A major element of the story is the tension between Earth and the "Belters", which threatens to burst into a highly destructive war over control of the telepathic amplifier. The mutually accepted compromise is to drop the spacesuit containing the dangerous device, still in a stasis field, onto Jupiter, where no one can recover it.

==Reception==
Algis Budrys described World of Ptavvs as "snappy, ingenious, and upbeat", praising Niven for "treat[ing] telepathy as the phenomenon it should logically be". Alan Brink noted that "Niven has made a very effective use of a teaser. A person who had not read the book has no way of knowing who or what 'Ptavvs' are; then you read it and find that we are ourselves Ptavvs and that Earth is the World of Ptavvs—as seen through alien eyes. The success of this book testifies to the effectiveness of Niven's curiosity-arousing device". (A Ptavv is a Thrint who lacks telepathic powers. Thrintun considered it a matter of great shame to have a Ptavv in their family and usually tattooed them pink to sell them as slaves.)

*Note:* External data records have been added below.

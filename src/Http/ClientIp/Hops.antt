-- ===== src/Http/ClientIp/Hops.antt =====
-- X-Forwarded-For is read from the right: what stands to the left of a hop that is not trusted has
-- no influence.
use miniflux.Base.{
  String, ◌≡◌, refl, sym, ap, inl, inr, Bool, not, Option, none, some, List, [], ◌∷◌, ◌++◌, reverse,
  if◌then◌else◌, nat_eq, string_eq, Bool-cases, Option-cases,
}
use mathlib.Core.List.{append_assoc, reverse-cons}
use miniflux.Base.Text.{split, trim_space}
use miniflux.Http.ClientIp.{or_else, text_of, answer, scan_items, scan_values, x_forwarded_for}

-- The hops of a header, in the order in which they were added.
abbrev pub hops : List String → List String
hops [] = []
hops (value ∷ values) = split 0x2c value ++ hops values

or_else_assoc : (a b c : Option String) → or_else (or_else a b) c ≡ or_else a (or_else b c)
or_else_assoc none b c = refl
or_else_assoc (some a) b c = refl

hops-append : (vs ws : List String) → hops (vs ++ ws) ≡ hops vs ++ hops ws
hops-append [] ws = refl
hops-append (v ∷ vs) ws =
    rw (hops-append vs ws) (sym (append_assoc (split 0x2c v) (hops vs) (hops ws)))

module _ (trusted is_ip : String → Bool) where
  -- The last hop that is not trusted.
  abbrev pub last_untrusted : List String → Option String
  last_untrusted [] = none
  last_untrusted (hop ∷ rest) =
      or_else (last_untrusted rest)
        (if not (trusted (trim_space hop)) then some (trim_space hop) else none)

  -- The answer for a hop, if there is one.
  abbrev answered : Option String → Option String
  answered none = none
  answered (some hop) = some (answer trusted is_ip hop)

  answered-or_else :
      (a b : Option String) → answered (or_else a b) ≡ or_else (answered a) (answered b)
  answered-or_else none b = refl
  answered-or_else (some a) b = refl

  last_untrusted-append :
      (xs ys : List String)
      → last_untrusted (xs ++ ys) ≡ or_else (last_untrusted ys) (last_untrusted xs)
  last_untrusted-append [] ys = elim (Option-cases (last_untrusted ys)) [
    | inl nobody ↦ rw nobody refl
    | inr (hop, found) ↦ rw found refl
  ]
  last_untrusted-append (x ∷ xs) ys =
      rw (last_untrusted-append xs ys) (or_else_assoc (last_untrusted ys) (last_untrusted xs) _)

  scan_items-append :
      (xs ys : List String)
      → scan_items trusted is_ip (xs ++ ys)
        ≡ or_else (scan_items trusted is_ip xs) (scan_items trusted is_ip ys)
  unfolding scan_items
  scan_items-append [] ys = refl
  scan_items-append (x ∷ xs) ys = elim (Bool-cases (trusted (trim_space x))) [
    | inl proxy ↦ rw proxy (scan_items-append xs ys)
    | inr client ↦ rw client refl
  ]

  scan_items-reverse :
      (xs : List String) → scan_items trusted is_ip (reverse xs) ≡ answered (last_untrusted xs)
  unfolding scan_items
  scan_items-reverse [] = refl
  scan_items-reverse (x ∷ xs) =
      rw
        (
          reverse-cons x xs,
          scan_items-append (reverse xs) (x ∷ []),
          scan_items-reverse xs,
          answered-or_else (last_untrusted xs)
              (if not (trusted (trim_space x)) then some (trim_space x) else none),
        )
        (ap (or_else (answered (last_untrusted xs))) (elim (Bool-cases (trusted (trim_space x))) [
          | inl proxy ↦ rw proxy refl
          | inr client ↦ rw client refl
        ]))

  scan_values-append :
      (xs ys : List String)
      → scan_values trusted is_ip (xs ++ ys)
        ≡ or_else (scan_values trusted is_ip xs) (scan_values trusted is_ip ys)
  unfolding scan_values
  scan_values-append [] ys = refl
  scan_values-append (x ∷ xs) ys = rw (scan_values-append xs ys) (
      sym (
        or_else_assoc (scan_items trusted is_ip (reverse (split 0x2c x)))
          (scan_values trusted is_ip xs) (scan_values trusted is_ip ys)))

  or_else-none : (a : Option String) → or_else a none ≡ a
  or_else-none none = refl
  or_else-none (some a) = refl

  scan_one :
      (v : String)
      → scan_values trusted is_ip (v ∷ []) ≡ scan_items trusted is_ip (reverse (split 0x2c v))
  unfolding scan_values
  scan_one v = or_else-none (scan_items trusted is_ip (reverse (split 0x2c v)))

  scan_values-reverse :
      (vs : List String)
      → scan_values trusted is_ip (reverse vs) ≡ answered (last_untrusted (hops vs))
  unfolding scan_values
  scan_values-reverse [] = refl
  scan_values-reverse (v ∷ vs) =
      rw
        (
          reverse-cons v vs,
          scan_values-append (reverse vs) (v ∷ []),
          scan_values-reverse vs,
          scan_one v,
          scan_items-reverse (split 0x2c v),
          last_untrusted-append (split 0x2c v) (hops vs),
        )
        (sym (answered-or_else (last_untrusted (hops vs)) (last_untrusted (split 0x2c v))))

  text_of-answered :
      (o : Option String)
      → text_of (answered o) ≡ elim o [ none ↦ "" | some hop ↦ answer trusted is_ip hop ]
  text_of-answered none = refl
  text_of-answered (some hop) = refl

  -- XForwardedFor answers for the last hop of the header that is not a trusted proxy, over all its
  -- values, and with "" where there is no such hop.
  pub x_forwarded_for-last_untrusted :
      (values : List String)
      → x_forwarded_for trusted is_ip values
        ≡ elim (last_untrusted (hops values)) [ none ↦ "" | some hop ↦ answer trusted is_ip hop ]
  unfolding x_forwarded_for
  x_forwarded_for-last_untrusted values =
      rw (scan_values-reverse values) (text_of-answered (last_untrusted (hops values)))

  -- Values of X-Forwarded-For that stand before values with a hop that is not trusted do not change
  -- what XForwardedFor answers.
  pub x_forwarded_for_forged :
      (forged values : List String) (hop : String)
      → last_untrusted (hops values) ≡ some hop
      → x_forwarded_for trusted is_ip (forged ++ values) ≡ x_forwarded_for trusted is_ip values
  x_forwarded_for_forged forged values hop found =
      rw
        (
          x_forwarded_for-last_untrusted (forged ++ values),
          x_forwarded_for-last_untrusted values,
          hops-append forged values,
          last_untrusted-append (hops forged) (hops values),
          found,
        )
        refl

Charles Stross was inspired by the Thrintun/Tnuctipun relationship from World of Ptavvs when developing the relationship between the githyanki and illithids for Advanced Dungeons & Dragons. He also believed the illithids to have been originally inspired by the Thrintun.

According to Niven's recollection, Alexei Panshin wrote a "savage" review of Ptavvs for a fanzine and later cited it as a textbook example of how not to write a novel. Panshin, however, denied that he cited Ptavvs outside of the initial review.

==Connections to other Niven works==
The Thrintun are mentioned in the story "The Handicapped".

In the novel Protector, protagonist Elroy Truesdale observes the Sea Statue whilst visiting the Smithsonian Institution:
"It looked the product of some advanced civilization... and it was; it was a pressure suit with emergency stasis field facilities, and the thing inside was very dangerous. Once it had gotten loose."

== Similar themes by other writers ==
The theme of a human telepath "absorbing" the mind of an alien and thereby gaining various abilities and pieces of information was also at the center of Clifford Simak's Time Is the Simplest Thing.

The theme of a telepathic being able to enslave and control humans, and who comes back to malevolent active life in present-day Earth after an enormous time spent in hibernation or stasis, was used by John Brunner in The Atlantic Abomination.